Moreover, once you’ve completed the single-player campaign, you’ll be seeing those maps again in online multiplayer. The same small number of maps, over and over and over. In just a couple of hours of versus matches, I had played every single map again. While it’s easy to blame the AI for poor tactics in offline solo play, the developers bear responsibility for creating slaughterhouse maps like Container City, which has one of the single worst chokepoints ever found in online multiplayer, despite offering two methods to flank. Those flaws, given the ridiculously limited number of maps in Brink, are magnified far more than they otherwise might be because players simply can’t get away from them – those maps appear very frequently because Brink only offers a handful of maps to play.

There are additional game modes – challenges which grant weapons and weapon attachments, the ability to create public and private games with set rules and so forth, but these modes generally seem as thin as the rest of the game, and just as frustrating.

The challenges are similar to the Special Ops campaigns in Modern Warfare 2 – they present the player with a challenge and a win condition (accomplishing a goal within a time limit, most commonly) and provide rewards based on how well a player did. However, while Modern Warfare 2 based rewards on performance, Brink requires the player to play a level three times to earn all reward tiers, regardless of how well the player performs – in short, a player could perform well enough on the first attempt to earn the rewards available on the second attempt, but the game requires players to successfully complete the challenge again to earn those items.

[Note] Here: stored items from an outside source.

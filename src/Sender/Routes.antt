-- ===== src/Sender/Routes.antt =====
-- Where a message goes, and when it goes nowhere.
use comm_traffic_center.Base.{
  ℕ, ◌+◌, ◌≤◌, ◌<◌, ◌≡◌, arith, true, false, ◌⊎◌, inl, inr, Option, none, some, [], ◌∷◌, Bytes,
  zeros, ltb, Bool-cases, success, failed, is_nonzero, if◌then◌else◌,
}
use comm_traffic_center.Package.{Direction, fcs, protocol_type, cmd_type_old}
use comm_traffic_center.Package.Build.{is_cross_dev, package_msg, package_new_ptp_msg}
use comm_traffic_center.Package.Fields.{
  FitsTypes, Carries, package_new_ptp_msg-Carries, package_old_ptp_msg-Carries,
}
use comm_traffic_center.Package.Checksum.{calc_msg_xor}
use comm_traffic_center.Infra.Mq.{send_msg_to_mq}
use comm_traffic_center.Socket.{send_msg_to_local, queued}
use comm_traffic_center.Sender.{Env, transmit_msg, ctc_send_msg, ctc_send_old_msg}

module _ (env : Env) (event : ℕ) (dst : Direction) (data_ : Bytes) (len ack : ℕ) where
  -- A message to a process of this device, with arguments that fit their types, is what
  -- `send_msg_to_local` does with its process number and a package that carries the arguments and has
  -- the right checksum.
  pub ctc_send_msg_local :
      FitsTypes env.self_pid event dst len ack
      → is_cross_dev dst.shelf dst.card ≡ false
      → (m : Bytes) × (ctc_send_msg env event (some dst) (some data_) len ack
          ≡ some (send_msg_to_local env.sys dst.pid m 4114))
        × Carries env.self_pid event dst data_ len ack m
        × (calc_msg_xor m ≡ some (fcs m))
  unfolding ctc_send_msg
  ctc_send_msg_local f here =
      let (m, made, carries, _, _, sum) =
        package_new_ptp_msg-Carries env.self_pid event dst data_ len ack f in
      let short : ltb 4096 len ≡ false = ground (arith, f.len_fits) in
      (m, rw (short, made, here), carries, sum)

  -- The package `m` of a message to another device goes to the queue.
  pub ctc_send_msg_queues :
      (m : Bytes)
      → package_new_ptp_msg env.self_pid zeros event (some dst) (some data_) len ack ≡ some m
      → is_cross_dev dst.shelf dst.card ≡ true
      → len ≤ 256
      → ctc_send_msg env event (some dst) (some data_) len ack
        ≡ some (
            if is_nonzero (env.mq_timedsend m 4114 (env.now + 1))
            then (failed, [])
            else (success, queued m 4114 ∷ []))
  unfolding ctc_send_msg transmit_msg send_msg_to_mq
  ctc_send_msg_queues m made away h =
      let short : ltb 4096 len ≡ false = ground arith in
      let external : ltb 256 len ≡ false = ground arith in
      rw (short, made, away, external) (ground arith)

  -- A message to another device, with arguments that fit their types and a body of at most 256
  -- bytes, goes to the message queue as a package that carries the arguments and has the right
  -- checksum; the send succeeds exactly when the queue takes it.
  pub ctc_send_msg_cross :
      FitsTypes env.self_pid event dst len ack
      → is_cross_dev dst.shelf dst.card ≡ true
      → len ≤ 256
      → (m : Bytes) × (ctc_send_msg env event (some dst) (some data_) len ack
          ≡ some (
              if is_nonzero (env.mq_timedsend m 4114 (env.now + 1))
              then (failed, [])
              else (success, queued m 4114 ∷ [])))
        × Carries env.self_pid event dst data_ len ack m
        × (calc_msg_xor m ≡ some (fcs m))
  ctc_send_msg_cross f away h =
      let (m, made, carries, _, _, sum) =
        package_new_ptp_msg-Carries env.self_pid event dst data_ len ack f in
      (m, ctc_send_msg_queues m made away h, carries, sum)

  -- With arguments that fit their types but for the length, a body of more than 4096 bytes, or of
  -- more than 256 bytes for another device, is refused, and nothing is sent.
  pub ctc_send_msg_refused :
      FitsTypes env.self_pid event dst 0 ack
      → (4096 < len) ⊎ ((256 < len) × (is_cross_dev dst.shelf dst.card ≡ true))
      → ctc_send_msg env event (some dst) (some data_) len ack ≡ some (failed, [])
  unfolding ctc_send_msg
  ctc_send_msg_refused f h = elim (Bool-cases (ltb 4096 len)) [
    | inl long ↦ rw long
    | inr short ↦
        let fits : FitsTypes env.self_pid event dst len ack = ground (arith, f) in
        let (m, made, _, _, _, _) =
          package_new_ptp_msg-Carries env.self_pid event dst data_ len ack fits in
        let big : ltb 256 len ≡ true = ground arith in
        let away : is_cross_dev dst.shelf dst.card ≡ true = ground arith in
        rw (short, made, away, big)
  ]

-- A message of the old protocol, with arguments that fit their types and a body of at most 256 bytes,
-- goes to the message queue as a package of the old protocol that carries the arguments and the
-- command type, wherever its destination is; the send succeeds exactly when the queue takes it.
pub ctc_send_old_msg_queued :
    (env : Env) (event : ℕ) (dst : Direction) (data_ : Bytes) (len cmd ack : ℕ)
    → FitsTypes env.self_pid event dst len ack
    → cmd < 256
    → len ≤ 256
    → (m : Bytes) × (ctc_send_old_msg env event (some dst) (some data_) len cmd ack
        ≡ some (
            if is_nonzero (env.mq_timedsend m 4114 (env.now + 1))
            then (failed, [])
            else (success, queued m 4114 ∷ [])))
      × Carries env.self_pid event dst data_ len ack m
      × (protocol_type m ≡ 1)
      × (cmd_type_old m ≡ cmd)
unfolding ctc_send_old_msg transmit_msg send_msg_to_mq
ctc_send_old_msg_queued env event dst data_ len cmd ack f c h =
    let (m, made, carries, old, kind, _) =
      package_old_ptp_msg-Carries env.self_pid event dst data_ len ack cmd c f in
    let short : ltb 4096 len ≡ false = ground (arith, f.len_fits) in
    let external : ltb 256 len ≡ false = ground arith in
    (m, rw (short, made, external) (ground arith), carries, old, kind)

-- A null destination is not refused: `package_msg` steps over it, and the sender goes through it.
pub ctc_send_msg_null :
    (env : Env) (event : ℕ) (data_ : Option Bytes) (len ack : ℕ)
    → len ≤ 4096
    → ctc_send_msg env event none data_ len ack ≡ none
unfolding ctc_send_msg package_new_ptp_msg package_msg
ctc_send_msg_null env event data_ len ack h =
    let short : ltb 4096 len ≡ false = ground arith in rw short
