-- ===== src/Journey.antt =====
-- A message from `ctc_send_msg` in one process to the mailbox of another on the same device:
-- app/msg_sender.c, the sockets of app/msg_util.c and app/msg_handler.c together.
pub mod Line
pub mod Wait
pub mod Local
use comm_traffic_center.Base.{
  ℕ, ◌<◌, ◌≡◌, ◌≢◌, ◌∙◌, arith, true, false, some, [], ◌∷◌, ◌++◌, Bytes, zeros, length, copy_at,
  copy_at_start, is_minus_one, pos, ◌==◌, success,
}
use comm_traffic_center.Package.{Direction, event, fcs}
use comm_traffic_center.Package.Build.{is_cross_dev}
use comm_traffic_center.Package.Checksum.{calc_msg_xor, calc_msg_xor-Agree}
use comm_traffic_center.Package.Fields.{FitsTypes, Carries, Carries-Agree}
use comm_traffic_center.Mailbox.Queue
use comm_traffic_center.Mailbox.Refine.{IsValid, contents}
use comm_traffic_center.Socket.{System, opened, closed, sent, ref_sel_proc}
use comm_traffic_center.Socket.Laws.{send_msg_to_local-reaches}
use comm_traffic_center.Sender.{Env, ctc_send_msg}
use comm_traffic_center.Sender.Routes.{ctc_send_msg_local}
use comm_traffic_center.Handler.{Process, event_poster_turn}
use comm_traffic_center.Handler.Posting.{post_event_unwaited}

-- The system serves a send: a socket, a connection within the first hundred attempts, and the send.
pub record Serves (sys : System) (attempt : ℕ) : Type 0 where
  pub has_socket : is_minus_one sys.socket ≡ false
  pub in_time : attempt < 100
  pub connects : sys.connect attempt ≡ true
  pub sends : (m : Bytes) → is_minus_one (sys.send m 4114) ≡ false

-- The process has room for a message that no thread waits for.
pub record HasRoom (p : Process) (event_id : ℕ) : Type 0 where
  pub valid : IsValid p.mailbox
  pub room : length (contents p.mailbox) < 63
  pub unwaited : (k : ℕ) → k < 64 → (p.syncers k).on_event ≢ event_id

pushed : (q : Queue.Queue) (m : Bytes) → length q < 63 → (Queue.push q m).1 ≡ q ++ (m ∷ [])
unfolding Queue.push
pushed q m h = let e : (length q == 63) ≡ false = ground arith in rw e

-- What `recv` puts into the cleared buffer is posted.
posted :
    (p : Process) (m : Bytes) (event_id : ℕ)
    → HasRoom p event_id
    → event (copy_at zeros 0 m 4114) ≡ event_id
    → contents (event_poster_turn p (pos 4114) m).mailbox
      ≡ contents p.mailbox ++ (copy_at zeros 0 m 4114 ∷ [])
unfolding event_poster_turn
posted p m event_id r e =
    (post_event_unwaited p (copy_at zeros 0 m 4114) r.valid (λ k l q. r.unwaited k l (q ∙ e))).1
    ∙ pushed (contents p.mailbox) (copy_at zeros 0 m 4114) r.room

-- A send to REF_SEL_PROC of this device puts one package on its socket; what `recv` makes of it there
-- carries the arguments and has the right checksum.
pub ctc_send_msg-sent :
    (env : Env) (event_id : ℕ) (dst : Direction) (data_ : Bytes) (len ack attempt : ℕ)
    → FitsTypes env.self_pid event_id dst len ack
    → is_cross_dev dst.shelf dst.card ≡ false
    → dst.pid ≡ ref_sel_proc
    → Serves env.sys attempt
    → (m : Bytes) × (ctc_send_msg env event_id (some dst) (some data_) len ack
        ≡ some (success, opened ∷ sent "/tmp/.ref_sel" m 4114 ∷ closed ∷ []))
      × Carries env.self_pid event_id dst data_ len ack (copy_at zeros 0 m 4114)
      × (calc_msg_xor (copy_at zeros 0 m 4114) ≡ some (fcs (copy_at zeros 0 m 4114)))
ctc_send_msg-sent env event_id dst data_ len ack attempt f here to serves =
    let (m, sends, carries, sum) = ctc_send_msg_local env event_id dst data_ len ack f here in
    let reached =
      send_msg_to_local-reaches env.sys m 4114 attempt serves.has_socket serves.in_time
        serves.connects (serves.sends m) in
    let agree = copy_at_start zeros m 4114 in
    let short = f.len_fits in
    let counted = carries.length_field in
    (
      m,
      sends ∙ rw (to, reached),
      Carries-Agree env.self_pid event_id dst data_ len ack m (copy_at zeros 0 m 4114)
          (λ i a b c l. agree i (omega arith)) carries,
      calc_msg_xor-Agree (copy_at zeros 0 m 4114) m (omega arith) (omega arith)
          (λ i l. agree i (omega arith)) sum,
    )

-- A message to the process REF_SEL_PROC of this device, with arguments that fit their types, where the
-- system serves the send: `ctc_send_msg` succeeds and sends one package to that process's socket; and
-- a turn of `event_poster` there that receives this package, where the mailbox has room and no thread
-- waits for the event, puts at the end of the mailbox a package that carries the sender's arguments and
-- body and has the right checksum.
pub ctc_send_msg-mailed :
    (env : Env) (event_id : ℕ) (dst : Direction) (data_ : Bytes) (len ack attempt : ℕ) (p : Process)
    → FitsTypes env.self_pid event_id dst len ack
    → is_cross_dev dst.shelf dst.card ≡ false
    → dst.pid ≡ ref_sel_proc
    → Serves env.sys attempt
    → HasRoom p event_id
    → (m : Bytes) × (got : Bytes) × (ctc_send_msg env event_id (some dst) (some data_) len ack
        ≡ some (success, opened ∷ sent "/tmp/.ref_sel" m 4114 ∷ closed ∷ []))
      × (contents (event_poster_turn p (pos 4114) m).mailbox ≡ contents p.mailbox ++ (got ∷ []))
      × Carries env.self_pid event_id dst data_ len ack got
      × (calc_msg_xor got ≡ some (fcs got))
ctc_send_msg-mailed env event_id dst data_ len ack attempt p f here to serves room =
    let (m, sends, carries, sum) =
      ctc_send_msg-sent env event_id dst data_ len ack attempt f here to serves in
    (m, copy_at zeros 0 m 4114, sends, posted p m event_id room carries.event_field, carries, sum)
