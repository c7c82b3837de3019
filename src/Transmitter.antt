-- ===== src/Transmitter.antt =====
-- app/msg_transmitter.c and `recv_msg_from_inter` of app/msg_util.c: one turn of each of the two loops,
-- and both loops. What comes before the loops is in Start; the calls behind them are not reached.
pub mod Turns
pub mod Loop
use comm_traffic_center.Base.{
  ℕ, Bool, true, false, Option, none, some, List, [], ◌∷◌, ◌++◌, Bytes, zeros, ℤ, Status, success,
  failed, continue, ◌>>=◌,
}
use comm_traffic_center.Package.{dst_dir, total_len, pkg_size}
use comm_traffic_center.Receive.{Receiver, Chunk, Outcome, fault, waiting, returns}
use comm_traffic_center.Exter.{recv_msg_from_exter, send_msg_to_remote}
use comm_traffic_center.Infra.Rs485.{Action, WaitEnd}
use comm_traffic_center.Infra.Mq.{recv_msg_from_mq}
use comm_traffic_center.Socket.{System, Effect, send_msg_to_local}

-- How a turn of `inter_transmitter` ends: in the wait for a read, or with what it did to the local
-- sockets and whether it called `free_exter_comm`, which signals the waiting sender.
pub data InterTurn : Type 0 where
  faulted : InterTurn
  reads : Receiver → InterTurn
  done : List Effect → Bool → Receiver → InterTurn

pass_on : System → Outcome → InterTurn
pass_on sys fault = faulted
pass_on sys (waiting msg s) = reads s
pass_on sys (returns success msg s) =
    let (r, es) = send_msg_to_local sys (dst_dir msg).pid msg pkg_size in done es true s
pass_on sys (returns _ msg s) = done [] false s

unfoldable pub inter_transmitter_turn : Bool → System → List Chunk → Receiver → InterTurn
unfolding pass_on
inter_transmitter_turn char_signed sys cs s =
    pass_on sys (recv_msg_from_exter char_signed cs zeros s)

-- A turn that returns to the loop goes on with the receiver that it leaves.
then_turns : InterTurn → (Receiver → List InterTurn) → List InterTurn
then_turns (done es notified s) k = done es notified s ∷ k s
then_turns t k = t ∷ []

-- The loop of `inter_transmitter`, one turn for each list of reads.
unfoldable pub inter_transmitter : Bool → System → List (List Chunk) → Receiver → List InterTurn
unfolding then_turns inter_transmitter_turn
inter_transmitter char_signed sys [] s = []
inter_transmitter char_signed sys (cs ∷ rest) s =
    then_turns (inter_transmitter_turn char_signed sys cs s)
      λ r. inter_transmitter char_signed sys rest r

unfoldable pub recv_msg_from_inter :
    (Bytes → ℕ → ℕ → ℤ × Bytes) → ℕ → Option Bytes → ℕ → Status × Option Bytes
unfolding recv_msg_from_mq
recv_msg_from_inter mq_timedreceive now data_ len = recv_msg_from_mq mq_timedreceive now data_ len

-- A turn of `exter_transmitter`: what it does to the line; `none` is a fault.
forward : Bool → Bool → WaitEnd → Status × Option Bytes → Option (List Action)
forward char_signed locked wait (success, some msg) =
    elim (send_msg_to_remote char_signed locked wait (some msg) (total_len msg)) [
      | none ↦ none
      | some (r, acts) ↦ some acts
    ]
forward char_signed locked wait (_, _) = some []

unfoldable pub exter_transmitter_turn :
    Bool → Bool → WaitEnd → (Bytes → ℕ → ℕ → ℤ × Bytes) → ℕ → Option (List Action)
unfolding forward recv_msg_from_inter
exter_transmitter_turn char_signed locked wait mq_timedreceive now =
    forward char_signed locked wait (recv_msg_from_inter mq_timedreceive now (some zeros) pkg_size)

-- What the system does in one turn: the lock, the end of the wait, the queue and the time.
pub record Tick : Type 0 where
  pub locked : Bool
  pub wait : WaitEnd
  pub mq_timedreceive : Bytes → ℕ → ℕ → ℤ × Bytes
  pub now : ℕ

-- The loop of `exter_transmitter`, as many turns as the system gives.
unfoldable pub exter_transmitter : Bool → List Tick → Option (List Action)
unfolding exter_transmitter_turn
exter_transmitter char_signed [] = some []
exter_transmitter char_signed (t ∷ ts) = do
  acts ← exter_transmitter_turn char_signed t.locked t.wait t.mq_timedreceive t.now
  rest ← exter_transmitter char_signed ts
  some (acts ++ rest)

Fundamentally, Brink feels like a set of features taken from other games and bolted together to try to form a coherent whole. When players gain a level, they select a new ability from a list, much as players do in Bad Company 2 multiplayer. Players gain experience from performing tasks assigned to a character type, much as players do in Bad Company 2 multiplayer. Players move and jump around and over and under various obstacles, much as players did in Mirror’s Edge (which, like Brink, also felt more like a demonstration of what a game engine could do and less like an actual game). The environment feels like Borderlands and Mirror’s Edge, depending on where the player is. The game provides a set of win conditions and a time limit, then yells at team members to accomplish the objective and notes the remaining time, much like Modern Warfare 2. The list goes on. And Brink winds up feeling much less like a coherent whole and far more like a mish-mash of ideas taken from other, vastly superior games as a direct result.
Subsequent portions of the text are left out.